Bu durumda, ilgi yazıda bahsi geçen konu ile alakalı sorulan hususları ilişkin açıklamalarımıza gelince;
1) Bilindiği üzere; 21/06/1987 tarihli ve 3402 sayılı Kadastro Kanunu’nun “Taşınmaz Malların Sınırlandırılması:” başlıklı 7 nci maddesinin birinci fıkrası, “Kadastro teknisyenleri hazır bulundukları takdirde mal sahipleri ile ilgililerin huzurunda, varsa harita, tapu ve vergi kayıtları ile diğer belgeleri, en az üç bilirkişi ile muhtarın bilgilerinden yararlanarak inceler ve mahalline uygular. Teknisyenler, elde ettikleri bilgi ve buna dair kanaatleri her taşınmaz mal için düzenleyecekleri kadastro tutanağına yazarak bu Kanun hükümlerine göre taşınmaz malı sınırlandırır ve hak sahiplerini tayin eder. Sınırlandırma, kadastral harita veya büyütülmüş fotoğraf veya röperli kroki üzerinde gösterilir; ihtilaflı sınırlar ayrıca belirtilir.” hükmünde ve aynı Kanun’un “Kadastro Tutanaklarının Kesinleşmesi Ve Hak Düşürücü Süre:” başlıklı 12. maddesi, “30 günlük ilan süresi geçtikten sonra, dava açılmayan kadastro tutanaklarına ait sınırlandırma ve tespitler kesinleşir.
Kadastro müdürü tarafından onaylanarak kesinleşen tutanaklar ile kadastro mahkemesinin kesinleşmiş kararları; kesinleşme tarihleri tescil tarihi olarak gösterilmek suretiyle en geç 3 ay içinde tapu kütüklerine kaydedilir.

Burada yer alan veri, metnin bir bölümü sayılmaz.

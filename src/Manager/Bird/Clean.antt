-- ===== src/Manager/Bird/Clean.antt =====
-- src/manager.rs: the removal of old generations leaves the one that `current` leads to.
use dn42_autopeer.Base.{
  ◌≡◌, ap, ◌∙◌, inl, inr, List, [], ◌∷◌, keep, not, true, false, some, arith, ◌==◌, nat_eq, text_eq,
  beq_comm, Bool-cases,
}
use dn42_autopeer.Base.Text.{Text}
use dn42_autopeer.World.Types.{World}
use dn42_autopeer.World.Keeps.{
  Keeps, IsStable, Keeps-bind, Keeps-outcome, Keeps-call, Keeps-if, Keeps-pure, Keeps-gets,
  Keeps-elim_Result,
}
use dn42_autopeer.Manager.State.{PeerManager}
use dn42_autopeer.Manager.Bird.Files.{
  Files, target_of, resolve, current_files, is_old, remove_dirs, remove_old_generations,
}
use dn42_autopeer.Manager.Bird.Directory.{target_of_inj}

module _ (name : Text) (desired : Files) where
  -- The link leads to the new generation.
  pub record Installed (w : World) : Type 0 where
    pub link : w.bird.current ≡ some (target_of name)
    pub files : resolve (target_of name) w.bird.generations ≡ some desired

  Installed-IsStable : IsStable Installed
  Installed-IsStable = record { advances = λ w h. record { link = h.link; files = h.files } }

  pub Installed-shows : (w : World) → Installed w → current_files w.bird ≡ some desired
  unfolding current_files
  Installed-shows w h = rw (h.link) h.files

  -- A directory of another name does not count.
  resolve-keep :
      (other : Text) (dirs : List (Text × Files))
      → (name == other) ≡ false
      → resolve (target_of name) dirs ≡ some desired
      → resolve (target_of name) (keep (λ (d : Text × Files). not (d.0 == other)) dirs)
        ≡ some desired
  unfolding resolve
  resolve-keep other [] h e = e
  resolve-keep other ((n, files) ∷ dirs) h e = elim (Bool-cases (target_of n == target_of name)) [
    | inl q ↦
        let same : n ≡ name =
          target_of_inj n name ((text_eq.beq_iff (target_of n) (target_of name)).0 q) in
        let stays : (n == other) ≡ false = ap (λ m. m == other) same ∙ h in
        ground (arith, q, e, stays)
    | inr q ↦
        let later = resolve-keep other dirs h (ground (arith, q, e)) in ground (arith, q, later)
  ]

  is_old-other : (other : Text) → is_old name other ≡ true → (name == other) ≡ false
  unfolding is_old
  is_old-other other h = ground (arith, h, beq_comm name other)

  remove_dirs-Keeps :
      (path : Text) (names : List Text) → Keeps Installed (remove_dirs path name names)
  unfolding remove_dirs
  remove_dirs-Keeps path [] = Keeps-pure tt
  remove_dirs-Keeps path (other ∷ names) =
      let later = remove_dirs-Keeps path names in
      Keeps-bind _ _ (Keeps-outcome _ (Keeps-call _ _ Installed-IsStable (λ a w h. h))) λ entry.
        Keeps-elim_Result entry _ _
          (λ _.
            Keeps-if (is_old name other) _ _
              (λ old.
                Keeps-bind _ _
                  (Keeps-outcome _ (
                    Keeps-call _ _ Installed-IsStable λ a w h. record {
                      link = h.link;
                      files =
                          resolve-keep other w.bird.generations (is_old-other other old) h.files;
                    }))
                  (λ _. later))
              (λ _. later))
          (λ _. Keeps-pure tt)

  pub remove_old_generations-Keeps :
      (self : PeerManager) → Keeps Installed (remove_old_generations self name)
  unfolding remove_old_generations
  remove_old_generations-Keeps self =
      Keeps-bind _ _ (Keeps-outcome _ (Keeps-call _ _ Installed-IsStable (λ a w h. h))) λ entries.
        Keeps-elim_Result entries _ _
          (λ _. Keeps-bind _ _ (Keeps-gets _) (λ names. remove_dirs-Keeps _ names))
          (λ _. Keeps-pure tt)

Bu tutanaklarda belirtilen haklara, sınırlandırma ve tespitlere ait tutanakların kesinleştiği tarihten itibaren on yıl geçtikten sonra, kadastrodan önceki hukuki sebeplere dayanarak itiraz olunamaz ve dava açılamaz. (Ek cümle: 5841 - 25.2.2009 / m.2) Bu hüküm, iddia ve taşınmazın niteliğine yahut Devlet veya diğer kamu tüzel kişileri dahil, tarafların sıfatına bakılmaksızın uygulanır.
Kadastrosu tamamlanan çalışma alanı içerisinde kalan eski tapu kayıtları, işleme tabi kayıt niteliğini kaybederler. Bu Kayıtlara dayanılarak kadastro ve tapu sicil müdürlüklerinde işlem yapılamaz.
Kesinleşmemiş tutanaklar herhangi bir nedenle tapuya tescil edilmişse, iddia ve taşınmazın niteliğine bakılmaksızın, taşınmazı tescil tarihinden itibaren 20 yıl müddetle malik sıfatıyla zilyetliğinde bulunduranlar ile bunların akdi ve kanuni halefleri açılmış ve açılacak olan davalarda medeni kanunun tapuya itimat prensibinden yararlanırlar.” şeklinde düzenlenmiştir.
Dava konusu taşınmazın kadastro işlemlerindeki sınırlandırma ve tespitinin -yukarıda olayın özeti kısmında açıklandığı gibi- Kadastro Kanunu ve ilgili mevzuat hükümleri gereğince usule uygun bir şekilde tesis ve tescil edildiği izahtan varestedir.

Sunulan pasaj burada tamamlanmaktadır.